New study shows mathematical models helped reduce the spread of COVID-19 in Colorado
The Colorado COVID-19 modeling team, led by the Colorado School of Public Health, informed state policies amidst the pandemicJul 7, 2021
Colorado researchers have published new findings in Emerging Infectious Diseases that take a first look at the use of SARS-CoV-2 mathematical modeling to inform early statewide policies enacted to reduce the spread of the Coronavirus pandemic in Colorado. Among other findings, the authors estimate that 97 percent of potential hospitalizations across the state in the early months of the pandemic were avoided as a result of social distancing and other transmission-reducing activities such as mask wearing and social isolation of symptomatic individuals.
The modeling team was led by faculty and researchers in the Colorado School of Public Health and involved experts from the University of Colorado Anschutz Medical Campus, University of Colorado Denver, University of Colorado Boulder, and Colorado State University.
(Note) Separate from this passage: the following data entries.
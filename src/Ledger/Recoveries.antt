-- ===== src/Ledger/Recoveries.antt =====
-- src/model.ts: the assertions on candidates, approvals and the history of automatic recoveries.
use herdr_harness_lite.Model.Incident.{
  Approval, AutomaticRecovery, Incident, provider_pre_side_effect_transient, policy_rule,
  AutomaticRecoveryCandidate, approval_basis_eq, automatic_recovery_rule_eq, retry_fresh_worker,
  is_retry_action, pre_dispatch, retry_fresh_reviewer, worker_pre_dispatch_infrastructure,
  same_head, provider_transient, reviewer_same_head_infrastructure, recovery_action_eq, of_lane,
  incident_lane_eq,
}
use herdr_harness_lite.Base.{
  List, String, Bool, ◌otherwise◌, leb, some, some_of, none, ◌==◌, length, ◌&&◌, false, not,
  is_some, string_eq, option_eq, map, true, filter, every,
}
use herdr_harness_lite.Model.Platform.{Platform}
use herdr_harness_lite.Model.Job.{Job}
use herdr_harness_lite.Base.Text.{is_bounded_text, is_hex}
use herdr_harness_lite.Model.Snapshot.{worker, reviewer}
use herdr_harness_lite.Ledger.Parts.{has_duplicate}
use herdr_harness_lite.Model.Diagnostic.{is_pre_side_effect_transient_provider_code}
use herdr_harness_lite.Base.Int.{ltb_ℤ}
use herdr_harness_lite.Policy.Automatic.{provider_fingerprint, scope_fingerprint}

unfoldable pub is_candidate : Platform → Job → Incident → AutomaticRecoveryCandidate → Bool
is_candidate platform job i (pre_dispatch f) = is_hex 64 f
is_candidate platform job i (same_head f) = is_hex 64 f
is_candidate platform job i (provider_transient f p) =
    is_hex 64 f
    && is_some i.attempt_id
    && of_lane p.lane == i.lane
    && is_hex 40 p.head_sha
    && is_bounded_text p.provider 512
    && is_pre_side_effect_transient_provider_code p.failure_code
    && is_hex 64 p.scope_fingerprint
    && is_some (platform.parse_date p.not_before)
    && f
      == provider_fingerprint platform p.provider p.failure_code (i.attempt_id otherwise "")
          p.head_sha
    && p.scope_fingerprint == scope_fingerprint platform job.id p.lane p.head_sha

unfoldable pub has_analysis_binding : Approval → Bool
has_analysis_binding a = elim a.analysis_id [
  | some id ↦ is_bounded_text id 512
  | none ↦
      a.basis == some policy_rule && a.policy_rule_name == some provider_pre_side_effect_transient
]

unfoldable pub is_auditable : Platform → Approval → Bool
is_auditable platform a =
    is_bounded_text a.actor 512
    && is_bounded_text a.reason 2000
    && is_some (platform.parse_date a.created_at)

-- What an entry of the Provider rule must record.
abbrev provider_entry : Platform → String → AutomaticRecovery → Bool
provider_entry platform job_id e =
    let head = e.head_sha otherwise "" in
    let provider = e.provider otherwise "" in
    let code = e.failure_code otherwise "" in
    let after = e.not_before otherwise "" in
    elim e.lane [
      | none ↦ false
      | some lane ↦
          e.approval.action
            == elim lane [ worker ↦ retry_fresh_worker | reviewer ↦ retry_fresh_reviewer ]
          && is_hex 64 (e.scope_fingerprint otherwise "")
          && is_hex 40 head
          && is_bounded_text provider 512
          && is_pre_side_effect_transient_provider_code code
          && elim (platform.parse_date after) [
            | none ↦ false
            | some limit ↦ elim (platform.parse_date e.approval.created_at) [
              | none ↦ true
              | some time ↦ not (ltb_ℤ time limit)
            ]
          ]
          && e.approval.fingerprint
            == some (provider_fingerprint platform provider code e.attempt_id head)
          && e.scope_fingerprint == some (scope_fingerprint platform job_id lane head)
    ]

-- The tests that depend on the rule.
abbrev rule_entry : Platform → String → AutomaticRecovery → Bool
rule_entry platform job_id e = elim e.approval.policy_rule_name [
  | none ↦ false
  | some worker_pre_dispatch_infrastructure ↦
      e.approval.action == retry_fresh_worker && is_some e.approval.analysis_id
  | some reviewer_same_head_infrastructure ↦
      e.approval.action == retry_fresh_reviewer && is_some e.approval.analysis_id
  | some provider_pre_side_effect_transient ↦ provider_entry platform job_id e
]

is_recovery_entry : Platform → String → AutomaticRecovery → Bool
is_recovery_entry platform job_id e =
    e.approval.basis == some policy_rule
    && is_retry_action e.approval.action
    && rule_entry platform job_id e
    && is_hex 64 (e.approval.fingerprint otherwise "")
    && is_bounded_text e.approval.id 512
    && is_bounded_text e.approval.incident_id 512
    && elim e.approval.analysis_id [ none ↦ true | some id ↦ is_bounded_text id 512 ]
    && is_bounded_text e.attempt_id 512
    && is_bounded_text e.approval.actor 512
    && is_bounded_text e.approval.reason 2000
    && is_some (platform.parse_date e.approval.created_at)
    && elim e.approval.consumed_at [ none ↦ true | some at ↦ is_some (platform.parse_date at) ]

abbrev is_provider_entry : AutomaticRecovery → Bool
is_provider_entry e = e.approval.policy_rule_name == some provider_pre_side_effect_transient

unfoldable pub is_recovery_history : Platform → String → List AutomaticRecovery → Bool
unfolding is_recovery_entry
is_recovery_history platform job_id es =
    leb (length es) 32
    && not (has_duplicate string_eq (map (λ e. e.approval.id) es))
    && not (has_duplicate option_eq (map (λ e. e.approval.fingerprint) es))
    && not (has_duplicate option_eq (map (λ e. e.scope_fingerprint) (filter is_provider_entry es)))
    && every (is_recovery_entry platform job_id) es

-- `automaticRecoveries.some` in the test on a policy approval.
unfoldable pub is_recorded : List AutomaticRecovery → Approval → Bool
is_recorded es a =
    some_of
      (λ e.
        e.approval.id == a.id
        && e.approval.policy_rule_name == a.policy_rule_name
        && e.approval.fingerprint == a.fingerprint)
      es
“One of the defining characteristics of the COVID-19 pandemic was the need for rapid response in the face of imperfect and incomplete information,” said the authors. “Mathematical models of infectious disease transmission can be used in real-time to estimate parameters, such as the effective reproductive number (Re) and the efficacy of current and future intervention measures, and to provide time-sensitive data to policymakers.”
The new paper describes the development of such a model, in close collaboration with the Colorado Department of Health and Environment and the Colorado Governor’s office to gage the impact of early policies to decrease social contacts and, later, the impact of gradual relaxation of Stay-at-Home orders. The authors note that preparing for hospital intensive care unit (ICU) loads or capacity limits was a critical decision-making issue.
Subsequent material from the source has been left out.